2.4 NFS+DRBD+heartbeat high availability solution Software environment: Centos6.8 Hardware environment: DELL R710 Implementation time: March 2015 Shortly after entering the company, the back-end NFS server occasionally crashes during the peak period of the network request, so that the mount request of the WEB server cannot be automatically switched to the backup server, causing the web server to be unable to be used normally, causing the network service to be suspended. The company's leaders asked me to make a solution in order to avoid similar situations in the future. By observing the load of the NFS server CPU and memory, and querying the load data of the main hardware before the NFS server, and carefully analyzing it, I submitted a DRBD+heartbeat+NFS solution to solve the existing problem. I was approved by the leadership to implement this program. Project responsibilities: 1. Responsible for the overall planning and deployment of the project; 2. Responsible for writing the heartbeat automatic switching script; 3. Responsible for the main frame of the NFS service rack; 4. Through the simulation of the fault, and the observation of the metadata server, the data storage server operation data, and the previous situation, the data is compared to form a report; 5. Writing of the project implementation report. Late improvement: By configuring multiple independent physical connections to avoid single point of failure in the Heartbeat communication line itself, the chance of "brain cracking" is minimized. The switching time of the master and slave servers is shortened by setting the options such as keepalive in the ha.cf configuration file. In DRBD, the replication process is adjusted. Handle bad block problems on the Master side.
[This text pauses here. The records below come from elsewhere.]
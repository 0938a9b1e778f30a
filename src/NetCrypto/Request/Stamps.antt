-- ===== src/NetCrypto/Request/Stamps.antt =====
-- toxcore/net_crypto.c: the time stamp that `handle_request_packet` reports.
use insert_project_name_here.Base.{
  ℕ, zero, suc, ◌+◌, ◌-◌, ◌%◌, ◌^◌, ◌<◌, ◌≡◌, ◌==◌, inl, inr, Option, none, some, List, [], ◌∷◌,
  arith, u32, sub32, refl, Bool-cases,
}
use insert_project_name_here.NetCrypto.PacketsArray.{
  PacketData, PacketsArray, Slots, buffer_size, store,
}
use insert_project_name_here.NetCrypto.Request.{
  handle_bytes, handle_request_packet, mark_due, packet_id_request, latest_of,
}

-- Every stored time stamp is a uint64_t.
abbrev pub Stamped : Slots → Type 0
Stamped s = (j : ℕ) (d : PacketData) → s j ≡ some d → d.sent_time < 2 ^ 64

store-Stamped : (s : Slots) (slot : ℕ) → Stamped s → Stamped (store s slot none)
unfolding store
store-Stamped s slot h j d e = ground (arith, h j d)

mark_due-lt :
    (now rtt : ℕ) (o : Option PacketData) {d : PacketData}
    → ((c : PacketData) → o ≡ some c → c.sent_time < 2 ^ 64)
    → mark_due now rtt o ≡ some d
    → d.sent_time < 2 ^ 64
mark_due-lt now rtt none h e = ground arith
mark_due-lt now rtt (some c) h e = ground (arith, h c)

store_due-Stamped :
    (now rtt : ℕ) (s : Slots) (slot : ℕ)
    → Stamped s
    → Stamped (store s slot (mark_due now rtt (s slot)))
unfolding store
store_due-Stamped now rtt s slot h j d e = elim (Bool-cases (j == slot)) [
  | inl p ↦ mark_due-lt now rtt (s slot) (h slot) (rw p at e)
  | inr p ↦ h j d (rw p at e)
]

latest_of-max :
    (o : Option PacketData)
    → ((c : PacketData) → o ≡ some c → c.sent_time < 2 ^ 64)
    → latest_of (2 ^ 64 - 1) o ≡ 2 ^ 64 - 1
latest_of-max none h = refl
latest_of-max (some c) h = ground (arith, h c)

module _ (now rtt last : ℕ) where
  handle_bytes-l_sent_time :
      (k i n requested : ℕ) (bs : List ℕ) (s : Slots)
      → Stamped s
      → (handle_bytes now rtt k i last n bs requested (2 ^ 64 - 1) s).l_sent_time ≡ 2 ^ 64 - 1
  unfolding handle_bytes
  handle_bytes-l_sent_time zero i n requested bs s h = refl
  handle_bytes-l_sent_time (suc k) i n requested [] s h = refl
  handle_bytes-l_sent_time (suc k) i n requested (b ∷ bs) s h =
      rw (latest_of-max (s (i % buffer_size)) (h (i % buffer_size))) (
        ground (
          arith,
          handle_bytes-l_sent_time k (u32 (i + 1)) 1 (u32 (requested + 1)) bs
              (store s (i % buffer_size) (mark_due now rtt (s (i % buffer_size))))
              (store_due-Stamped now rtt s (i % buffer_size) h),
          handle_bytes-l_sent_time k (u32 (i + 1)) 1 requested bs (store s (i % buffer_size) none)
              (store-Stamped s (i % buffer_size) h),
          handle_bytes-l_sent_time k (u32 (i + 1)) (n + 1) requested (b ∷ bs)
              (store s (i % buffer_size) none) (store-Stamped s (i % buffer_size) h),
        ))

-- If all time stamps are words of 64 bits, every request of at least two bytes that
-- `handle_request_packet` handles successfully sets the latest send time to 2^64 - 1, whatever
-- the time stamps are.
pub handle_request_packet-latest :
    (now rtt : ℕ) (a : PacketsArray) (c latest : ℕ) (bs : List ℕ) {count : ℕ}
    → Stamped a.buffer
    → latest < 2 ^ 64
    → (handle_request_packet now rtt a (packet_id_request ∷ c ∷ bs) latest).2 ≡ some count
    → (handle_request_packet now rtt a (packet_id_request ∷ c ∷ bs) latest).1 ≡ 2 ^ 64 - 1
unfolding handle_request_packet
handle_request_packet-latest now rtt a c latest bs h hl e = ground (
  arith,
  handle_bytes-l_sent_time now rtt a.buffer_end (sub32 a.buffer_end a.buffer_start) a.buffer_start 1
      0 (c ∷ bs) a.buffer h,
)
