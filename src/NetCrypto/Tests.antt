-- ===== src/NetCrypto/Tests.antt =====
-- toxcore/net_crypto.c: runs of packet windows and request packets on concrete data.
use insert_project_name_here.Base.{
  ℕ, ◌+◌, ◌-◌, ◌^◌, ltb, length, ◌≡◌, ◌≤◌, refl, true, none, some, [], ◌∷◌, arith, u32, sub32,
  if◌then◌else◌, ◌==◌,
}
use insert_project_name_here.NetCrypto.PacketsArray.{
  PacketData, PacketsArray, buffer_size, num_packets_array, add_data_to_buffer,
  add_data_end_of_buffer, read_data_beg_buffer, clear_buffer_until, set_buffer_end,
  get_data_pointer, found, hole, outside,
}
use insert_project_name_here.NetCrypto.PacketsArray.Window.{IsWindow}
use insert_project_name_here.NetCrypto.PacketsArray.Reach.{
  new_array, at_first, added_at_end, read, Reachable-IsWindow,
}
use insert_project_name_here.NetCrypto.PacketsArray.Lookups.{
  get_data_pointer-add_data_end_of_buffer, get_data_pointer-read_data_beg_buffer,
  get_data_pointer-clear_buffer_until, get_data_pointer-set_buffer_end,
  get_data_pointer-add_data_to_buffer, is_between, add_data_to_buffer_aliases,
}
use insert_project_name_here.NetCrypto.Request.{generate_request_packet, handle_request_packet}
use insert_project_name_here.NetCrypto.Request.Bounds.{length-generate_request_packet}
use insert_project_name_here.NetCrypto.Request.Exchange.{generate-handle_request_keeps}
use insert_project_name_here.NetCrypto.Request.Bytes.{content}
use insert_project_name_here.NetCrypto.Request.Holes.{holes, generate-handle_requested}
use insert_project_name_here.NetCrypto.Request.Stamps.{handle_request_packet-latest}

abbrev word : PacketData
word = record { sent_time = 40; len = 2; payload = 16 ∷ 5 ∷ [] }

-- The numbers 2 ^ 32 - 1, 0 and 1, of which 0 is missing.
abbrev gappy : PacketsArray
gappy = record {
  buffer = λ j. if j == 32767 then some word else if j == 1 then some word else none;
  buffer_start = 2 ^ 32 - 1;
  buffer_end = 2;
}

-- The same numbers, and the next, with none missing.
abbrev whole : PacketsArray
whole = record {
  buffer = λ j.
      if j == 32767
      then some word
      else if j == 0
      then some word
      else if j == 1
      then some word
      else if j == 2
      then some word
      else none;
  buffer_start = 2 ^ 32 - 1;
  buffer_end = 3;
}

request_runs : generate_request_packet 100 gappy ≡ some (1 ∷ 2 ∷ [])
unfolding generate_request_packet
request_runs = refl

gappy-IsWindow : IsWindow gappy
gappy-IsWindow = record {
  start_word = omega arith;
  end_word = omega arith;
  fits = omega arith;
  inside = λ j h k. ground arith;
}

whole-IsWindow : IsWindow whole
whole-IsWindow = record {
  start_word = omega arith;
  end_word = omega arith;
  fits = omega arith;
  inside = λ j h k. ground arith;
}

abbrev late : PacketsArray
late = record gappy { buffer = λ j. none }

late-IsWindow : IsWindow late
late-IsWindow = record {
  start_word = omega arith;
  end_word = omega arith;
  fits = omega arith;
  inside = λ j h k. refl;
}

generate-handle_request_keeps_example :
    content ((handle_request_packet 100 10 whole (1 ∷ 2 ∷ []) 0).0.buffer 0) ≡ content (some word)
generate-handle_request_keeps_example =
    generate-handle_request_keeps gappy whole 100 0 100 10 gappy-IsWindow whole-IsWindow refl
      (omega arith) request_runs 0 refl

generate-handle_requested_example :
    (handle_request_packet 100 10 whole (1 ∷ 2 ∷ []) 0).2 ≡ some (holes gappy.buffer 3 (2 ^ 32 - 1))
generate-handle_requested_example =
    generate-handle_requested gappy whole 100 0 100 10 gappy-IsWindow whole-IsWindow refl
      (omega arith) (omega arith) request_runs

length-generate_request_packet_example : length {A = ℕ} (1 ∷ 2 ∷ []) ≤ 100
length-generate_request_packet_example = length-generate_request_packet 100 gappy request_runs

requested_one : (handle_request_packet 100 10 whole (1 ∷ 2 ∷ []) 0).2 ≡ some 1
unfolding handle_request_packet
requested_one = refl

handle_request_packet-latest_example :
    (handle_request_packet 100 10 whole (1 ∷ 2 ∷ []) 0).1 ≡ 2 ^ 64 - 1
handle_request_packet-latest_example =
    handle_request_packet-latest 100 10 whole 2 0 [] (λ j d e. ground arith) (omega arith)
      requested_one

Reachable-IsWindow_example :
    IsWindow (read_data_beg_buffer (add_data_end_of_buffer true new_array word).0).0
    × (num_packets_array (read_data_beg_buffer (add_data_end_of_buffer true new_array word).0).0
        ≤ buffer_size)
Reachable-IsWindow_example = Reachable-IsWindow (read (added_at_end true word at_first))

end_added : (add_data_end_of_buffer true gappy word).1 ≡ some 2
unfolding add_data_end_of_buffer
end_added = refl

get_data_pointer-add_data_end_of_buffer_example :
    (2 ≡ gappy.buffer_end)
    × (get_data_pointer (add_data_end_of_buffer true gappy word).0 1
        ≡ (if 1 == 2 then found word else get_data_pointer gappy 1))
get_data_pointer-add_data_end_of_buffer_example =
    get_data_pointer-add_data_end_of_buffer gappy true word gappy-IsWindow end_added 1 (omega arith)

beginning_read : (read_data_beg_buffer gappy).1 ≡ some (2 ^ 32 - 1, word)
unfolding read_data_beg_buffer
beginning_read = refl

get_data_pointer-read_data_beg_buffer_example :
    (2 ^ 32 - 1 ≡ gappy.buffer_start)
    × (get_data_pointer gappy (2 ^ 32 - 1) ≡ found word)
    × (get_data_pointer (read_data_beg_buffer gappy).0 1
        ≡ (if 1 == 2 ^ 32 - 1 then outside else get_data_pointer gappy 1))
get_data_pointer-read_data_beg_buffer_example =
    get_data_pointer-read_data_beg_buffer gappy gappy-IsWindow beginning_read 1 (omega arith)

cleared : (clear_buffer_until gappy 1).1 ≡ true
unfolding clear_buffer_until
cleared = refl

get_data_pointer-clear_buffer_until_example : get_data_pointer (clear_buffer_until gappy 1).0 0 ≡ (
    if ltb (sub32 0 (2 ^ 32 - 1)) (sub32 1 (2 ^ 32 - 1)) then outside else get_data_pointer gappy 0)
get_data_pointer-clear_buffer_until_example =
    get_data_pointer-clear_buffer_until gappy 1 gappy-IsWindow (omega arith) cleared 0 (omega arith)

end_set : (set_buffer_end gappy 9).1 ≡ true
unfolding set_buffer_end
end_set = refl

get_data_pointer-set_buffer_end_example :
    get_data_pointer (set_buffer_end gappy 9).0 5
    ≡ (if is_between gappy 9 5 then hole else get_data_pointer gappy 5)
get_data_pointer-set_buffer_end_example =
    get_data_pointer-set_buffer_end gappy 9 gappy-IsWindow (omega arith) end_set 5 (omega arith)

gap_filled : (add_data_to_buffer true gappy 0 word).1 ≡ true
unfolding add_data_to_buffer
gap_filled = refl

get_data_pointer-add_data_to_buffer_example :
    get_data_pointer (add_data_to_buffer true gappy 0 word).0 1 ≡ (
      if 1 == 0
      then found word
      else if is_between gappy 0 1
      then hole
      else get_data_pointer gappy 1)
get_data_pointer-add_data_to_buffer_example =
    get_data_pointer-add_data_to_buffer gappy true 0 word gappy-IsWindow (omega arith) (omega arith)
      gap_filled 1 (omega arith)

add_data_to_buffer_aliases_example :
    ((add_data_to_buffer true late (u32 (late.buffer_start + buffer_size)) word).1 ≡ true)
    × (num_packets_array
          (add_data_to_buffer true late (u32 (late.buffer_start + buffer_size)) word).0
        ≡ buffer_size + 1)
    × ((read_data_beg_buffer
          (add_data_to_buffer true late (u32 (late.buffer_start + buffer_size)) word).0).1
        ≡ some (late.buffer_start, word))
add_data_to_buffer_aliases_example = add_data_to_buffer_aliases late word late-IsWindow refl
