-- ===== src/PingArray/Expiry.antt =====
-- toxcore/ping_array.c: what the deletion of timed out entries leaves.
use insert_project_name_here.Base.{
  ℕ, zero, suc, ◌%◌, ◌≡◌, ◌⊎◌, inl, inr, refl, ap, ◌∙◌, true, Bool-cases, arith, ◌==◌, ==_iff,
  sub32,
}
use insert_project_name_here.PingArray.{
  PingArray, PingArrayEntry, is_timeout, blank, clear_entry, clear_first, clear_timedout,
  ping_array_clear_timedout,
}

-- An entry that stays, or one that was timed out and is blank now.
abbrev pub Expired : ℕ → ℕ → PingArrayEntry → PingArrayEntry → Type 0
Expired now timeout e e' = (e' ≡ e) ⊎ ((is_timeout now e.time timeout ≡ true) × (e' ≡ blank))

pub record Pruned (now : ℕ) (a b : PingArray) : Type 0 where
  pub size : b.total_size ≡ a.total_size
  pub life : b.timeout ≡ a.timeout
  pub added : b.last_added ≡ a.last_added
  pub each : (j : ℕ) → Expired now a.timeout (a.entries j) (b.entries j)

clear_first-Pruned :
    (now : ℕ) (a : PingArray)
    → is_timeout now (a.entries (a.last_deleted % a.total_size)).time a.timeout ≡ true
    → Pruned now a (clear_first a)
unfolding clear_entry
clear_first-Pruned now a t = record {
  size = refl;
  life = refl;
  added = refl;
  each = λ j. elim (Bool-cases (j == a.last_deleted % a.total_size)) [
    | inl e ↦
        inr ((ap (λ k. is_timeout now (a.entries k).time a.timeout) ((==_iff j _).0 e)) ∙ t, rw e)
    | inr e ↦ inl (rw e)
  ];
}

Pruned-trans : {now : ℕ} {a b c : PingArray} → Pruned now a b → Pruned now b c → Pruned now a c
Pruned-trans {now} {a} {b} {c} p q = record {
  size = q.size ∙ p.size;
  life = q.life ∙ p.life;
  added = q.added ∙ p.added;
  each = λ j. ground (arith, p.each j, q.each j, p.life);
}

clear_timedout-Pruned : (now fuel : ℕ) (a : PingArray) → Pruned now a (clear_timedout now fuel a)
unfolding clear_timedout
clear_timedout-Pruned now zero a = record {
  size = refl;
  life = refl;
  added = refl;
  each = λ j. inl refl;
}
clear_timedout-Pruned now (suc fuel) a = elim (Bool-cases (a.last_deleted == a.last_added)) [
  | inl e ↦ rw e (record { size = refl; life = refl; added = refl; each = λ j. inl refl })
  | inr e ↦
      elim (Bool-cases
        (is_timeout now (a.entries (a.last_deleted % a.total_size)).time a.timeout)) [
          | inl t ↦
              rw (e, t)
                (Pruned-trans (clear_first-Pruned now a t)
                  (clear_timedout-Pruned now fuel (clear_first a)))
          | inr t ↦
              rw (e, t) (record { size = refl; life = refl; added = refl; each = λ j. inl refl })
        ]
]

pub ping_array_clear_timedout-Pruned :
    (now : ℕ) (a : PingArray) → Pruned now a (ping_array_clear_timedout now a)
unfolding ping_array_clear_timedout
ping_array_clear_timedout-Pruned now a =
    clear_timedout-Pruned now (sub32 a.last_added a.last_deleted) a
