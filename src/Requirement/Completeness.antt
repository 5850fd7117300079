-- ===== src/Requirement/Completeness.antt =====
-- validateNode accepts every tree within the limits, however its nodes are shared.
use capagent.Base.{
  ◌∙◌, ◌≡◌, refl, ℕ, zero, suc, ◌+◌, ◌≤◌, true, List, [], ◌∷◌, some, is_empty, arith, is_empty, ap,
}
use capagent.Requirement.Node.{
  Pointer, Heap, Checked, valid, operators, children, validate_children, validate_node, validate,
  max_depth, max_nodes, enough_fuel,
}
use capagent.Requirement.Tree.{
  Tree, Trees, size, size_list, depth, depth_list, IsNamed, AreNamed, Represents, RepresentsAll,
}
use capagent.Requirement.Active.{step_below, step_leaf, Above, Above-cons, not_active}

-- A heap holds one node at an address, so it determines what stands below.
abbrev Complete : Heap → ℕ → ℕ → ℕ → (Pointer → ℕ → Checked) → Type 0
Complete heap fuel level most check =
    (p : Pointer) (t : Tree) (before : ℕ)
    → Represents heap p t
    → IsNamed t
    → level + depth t ≤ max_depth + 1
    → before + size t ≤ max_nodes
    → depth t ≤ fuel
    → size t ≤ most
    → check p before ≡ valid (before + size t)

accepts_children :
    (heap : Heap) (fuel level most : ℕ) (check : Pointer → ℕ → Checked)
    → Complete heap fuel level most check
    → {ps : List Pointer} {ts : Trees} (before : ℕ) → RepresentsAll heap ps ts
    → AreNamed ts
    → level + depth_list ts ≤ max_depth + 1
    → before + size_list ts ≤ max_nodes
    → depth_list ts ≤ fuel
    → size_list ts ≤ most
    → validate_children check ps before ≡ valid (before + size_list ts)
unfolding validate_children size depth
accepts_children heap fuel level most check complete before RepresentsAll.nil_at vs low few enough
      small =
    ap valid (omega arith)
accepts_children heap fuel level most check complete before
      (RepresentsAll.cons_at {p = p} {t = t} {ts = ts} r rs) (AreNamed.cons_named v vs) low few
      enough small =
    rw
      (
        complete p t before r v (omega arith) (omega arith) (omega arith) (omega arith),
        validate_children,
      )
      (accepts_children heap fuel level most check complete (before + size t) rs vs (omega arith)
          (omega arith) (omega arith) (omega arith)
        ∙ ap valid (omega arith))

-- The step from the children of a node to the node, for its three forms that have children.
module _ (heap : Heap) (fuel level before a : ℕ) (active : List ℕ) {ps : List Pointer} {ts : Trees}
    (t : Tree) (whole : Represents heap (some a) t) (rs : RepresentsAll heap ps ts)
    (vs : AreNamed ts) where
  accepts_below :
      is_empty (heap a).capability ≡ true
      → operators (heap a) ≡ 1
      → children (heap a) ≡ ps
      → size t ≡ suc (size_list ts)
      → depth t ≡ suc (depth_list ts)
      → level + depth t ≤ max_depth + 1
      → before + size t ≤ max_nodes
      → depth t ≤ suc fuel
      → Above heap (size t) active
      → ((p : Pointer) (u : Tree) (n : ℕ)
          → Represents heap p u
          → IsNamed u
          → level + 1 + depth u ≤ max_depth + 1
          → n + size u ≤ max_nodes
          → depth u ≤ fuel
          → Above heap (size u) (a ∷ active)
          → validate_node fuel heap p (level + 1) n (a ∷ active) ≡ valid (n + size u))
      → validate_node (suc fuel) heap (some a) level before active ≡ valid (before + size t)
  accepts_below e one q sizes depths low few enough above self =
      step_below fuel heap a level before active (omega arith) (omega arith)
        (not_active heap a t active whole above) ps e one q
      ∙ accepts_children heap fuel (level + 1) (size_list ts) _
          (λ p u n r v l f g small.
            self p u n r v l f g (Above-cons heap a t (size u) active whole (omega arith) above))
          (before + 1) rs vs (omega arith) (omega arith) (omega arith) (omega arith)
      ∙ ap valid (omega arith)

accepts_tree :
    {heap : Heap} {p : Pointer} {t : Tree} (fuel level before : ℕ) (active : List ℕ)
    → Represents heap p t
    → IsNamed t
    → level + depth t ≤ max_depth + 1
    → before + size t ≤ max_nodes
    → depth t ≤ fuel
    → Above heap (size t) active
    → validate_node fuel heap p level before active ≡ valid (before + size t)
unfolding size depth operators children
accepts_tree zero level before active (Represents.capability_at e full) v low few enough above =
    absurd (omega arith)
accepts_tree zero level before active (Represents.all_at e rs) v low few enough above =
    absurd (omega arith)
accepts_tree zero level before active (Represents.any_at e rs) v low few enough above =
    absurd (omega arith)
accepts_tree zero level before active (Represents.negation_at e r) v low few enough above =
    absurd (omega arith)
accepts_tree {heap} (suc fuel) level before active
      (Represents.capability_at {a = a} {id = id} e full) (IsNamed.named ok) low few enough above =
    step_leaf fuel heap a level before active (omega arith) (omega arith)
      (not_active heap a (Tree.capability id) active (Represents.capability_at e full) above) e full
      ok
accepts_tree {heap} (suc fuel) level before active (Represents.all_at {a = a} e rs)
      (IsNamed.all_named vs) low few enough above =
    accepts_below heap fuel level before a active _ (Represents.all_at e rs) rs vs
      (ap (λ n. is_empty n.capability) e) (ap operators e) (ap children e) refl refl low few enough
      above (λ p u n r v l f g h. accepts_tree fuel (level + 1) n (a ∷ active) r v l f g h)
accepts_tree {heap} (suc fuel) level before active (Represents.any_at {a = a} e rs)
      (IsNamed.any_named vs) low few enough above =
    accepts_below heap fuel level before a active _ (Represents.any_at e rs) rs vs
      (ap (λ n. is_empty n.capability) e) (ap operators e) (ap children e) refl refl low few enough
      above (λ p u n r v l f g h. accepts_tree fuel (level + 1) n (a ∷ active) r v l f g h)
accepts_tree {heap} (suc fuel) level before active (Represents.negation_at {a = a} e r)
      (IsNamed.negation_named v) low few enough above =
    accepts_below heap fuel level before a active _ (Represents.negation_at e r)
      (RepresentsAll.cons_at r RepresentsAll.nil_at) (AreNamed.cons_named v AreNamed.nil_named)
      (ap (λ n. is_empty n.capability) e) (ap operators e) (ap children e) (omega arith)
      (omega arith) low few enough above
      (λ p u n r v l f g h. accepts_tree fuel (level + 1) n (a ∷ active) r v l f g h)

-- validate accepts every finite tree of 512 nodes and depth 32 at most whose leaves are valid
-- capability IDs, and counts its nodes, whatever nodes the tree shares.
pub validate_complete :
    (heap : Heap) (root : Pointer) (t : Tree)
    → Represents heap root t
    → IsNamed t
    → size t ≤ max_nodes
    → depth t ≤ max_depth
    → validate heap root ≡ valid (size t)
unfolding validate Above
validate_complete heap root t r v few low =
    accepts_tree enough_fuel 1 0 [] r v (omega arith) (omega arith) (omega arith) tt
    ∙ ap valid (omega arith)
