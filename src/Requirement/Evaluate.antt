-- ===== src/Requirement/Evaluate.antt =====
-- Evaluate and evaluateNode of internal/requirement/evaluate.go.
use capagent.Base.{
  ℕ, zero, suc, ◌==◌, ltb, if◌then◌else◌, not, ◌||◌, List, [], ◌∷◌, ◌++◌, Option, none, some,
  is_empty, length,
}
use capagent.Model.Errors.{Error}
use capagent.Model.Capability.{Candidate}
use capagent.Requirement.Logic.{RequirementState, satisfied, unsatisfied, indeterminate, and, or}
use capagent.Requirement.Logic
use capagent.Requirement.Node.{
  Pointer, Heap, Checked, valid, invalid, present, slice, enough_fuel, validate,
}
use capagent.Requirement.Predicate.{
  nil, cons, Result, result, CandidateIndex, all_operator, any_candidate, any_operator,
  append_child, candidate_count, check_candidate, diagnostics, error, index_of, invalid_candidate,
  invalid_candidates, invalid_requirement, max_candidates, not_operator, predicate, state,
  uncertain, with_scope,
}

-- A child's result folded into the result so far.
unfoldable pub add_child :
    (RequirementState → RequirementState → RequirementState) → Result → Result → Result
unfolding append_child
add_child op (result s reason scope ds children) child =
    result (op s (state child)) reason scope (ds ++ diagnostics child) (append_child children child)

-- The loop over the children; `none` where a child's evaluation panics.
unfoldable pub evaluate_children :
    (RequirementState → RequirementState → RequirementState)
    → (Pointer → Option Result)
    → List Pointer
    → Result
    → Option Result
unfolding add_child
evaluate_children op evaluate [] acc = some acc
evaluate_children op evaluate (p ∷ ps) acc = elim (evaluate p) [
  | none ↦ none
  | some child ↦ evaluate_children op evaluate ps (add_child op acc child)
]

abbrev pub negate_result : Option Result → Option Result
negate_result none = none
negate_result (some child) =
    some (result (Logic.not (state child)) not_operator none (diagnostics child) (cons child nil))

-- `none` is a panic on a nil pointer, or that the fuel ran out.
unfoldable pub evaluate_node : ℕ → Heap → CandidateIndex → Pointer → Option Result
unfolding evaluate_children predicate
evaluate_node zero heap index p = none
evaluate_node (suc fuel) heap index none = none
evaluate_node (suc fuel) heap index (some a) =
    let node = heap a in
    let child = negate_result (evaluate_node fuel heap index node.negated) in
    let some_of =
      evaluate_children or (evaluate_node fuel heap index) (slice node.any)
        (result unsatisfied any_operator none [] nil) in
    let all_of =
      evaluate_children and (evaluate_node fuel heap index) (slice node.all)
        (result satisfied all_operator none [] nil) in
    if not (is_empty node.capability)
    then some (predicate node.capability index)
    else if present node.negated
    then child
    else if present node.any
    then some_of
    else all_of

-- The result for one candidate.
abbrev pub candidate_outcome : Heap → Pointer → Candidate → Option Error → Option Result
candidate_outcome heap root c (some e) = some (uncertain invalid_candidate (error e))
candidate_outcome heap root c none = evaluate_node enough_fuel heap (index_of c) root

unfoldable pub evaluate_candidate : Heap → Pointer → Candidate → Option Result
unfolding check_candidate evaluate_node uncertain
evaluate_candidate heap root c = candidate_outcome heap root c (check_candidate c)

-- The loop over the candidates.
unfoldable pub evaluate_candidates :
    (Candidate → Option Result) → List Candidate → Result → Option Result
unfolding add_child
evaluate_candidates outcome [] acc = some acc
evaluate_candidates outcome (c ∷ cs) acc = elim (outcome c) [
  | none ↦ none
  | some child ↦ evaluate_candidates outcome cs (add_child or acc (with_scope c.scope child))
]

abbrev pub evaluate_checked : Heap → Pointer → List Candidate → Checked → Option Result
evaluate_checked heap root candidates (invalid e) = some (uncertain invalid_requirement (error e))
evaluate_checked heap root candidates (valid n) =
    if length candidates == 0 || ltb max_candidates (length candidates)
    then some (uncertain invalid_candidates candidate_count)
    else evaluate_candidates (evaluate_candidate heap root) candidates
        (result unsatisfied any_candidate none [] nil)

unfoldable pub evaluate : Heap → Pointer → List Candidate → Option Result
unfolding validate evaluate_candidate evaluate_candidates uncertain
evaluate heap root candidates = evaluate_checked heap root candidates (validate heap root)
2.5 Mobile deployment tuning and online Operating environment: CentOS-6.6, DELL R730 Main function: Separate mobile and PC services 运用 Application technology: Nginx seven-layer load, tomcat8+jdk1.8, MHA to achieve mysql high availability (mysql–5.6.17), Php-5.6.30, shell script to send data detection information Technical points:
Using Nginx seven-layer scheduling to achieve PC-side and mobile-side business separation, dynamic and static separation Seven-layer scheduling + Keepalived high availability solution Nginx integrates Taobao health detection module Code read and write separation + database mha mature high availability program Timing + script mysql data backup and detection, send detection results information to the administrator phone Web service optimization, php optimization, tomcat optimization 2.6 squid transparent proxy 1, system environment: CentOS6.5 2, software tools: squid-3.0 3. Project description: Previously, the company used SNAT to access the Internet, causing employees to use the company's network bandwidth to browse and work during their work. Closed website video, resulting in reduced work efficiency; flooding of applications such as Thunder and P2P, resulting in network congestion, enterprises Network bandwidth resources are tight. 4. Responsibilities:
a) Use Squid proxy service to control the online behavior of employees;
b) Develop a corporate online behavior control plan;
c) Implement security control on the intranet Function, filter malicious web pages, prevent malicious attacks;
d) Limit network behavior, intelligent control of download software such as Thunder, P2P, etc.;
e) Fine and intelligent management of online behavior. 5. Project achievements: After the implementation of the project, the employee's work efficiency is significantly improved, and the bandwidth resources of the enterprise network are guaranteed.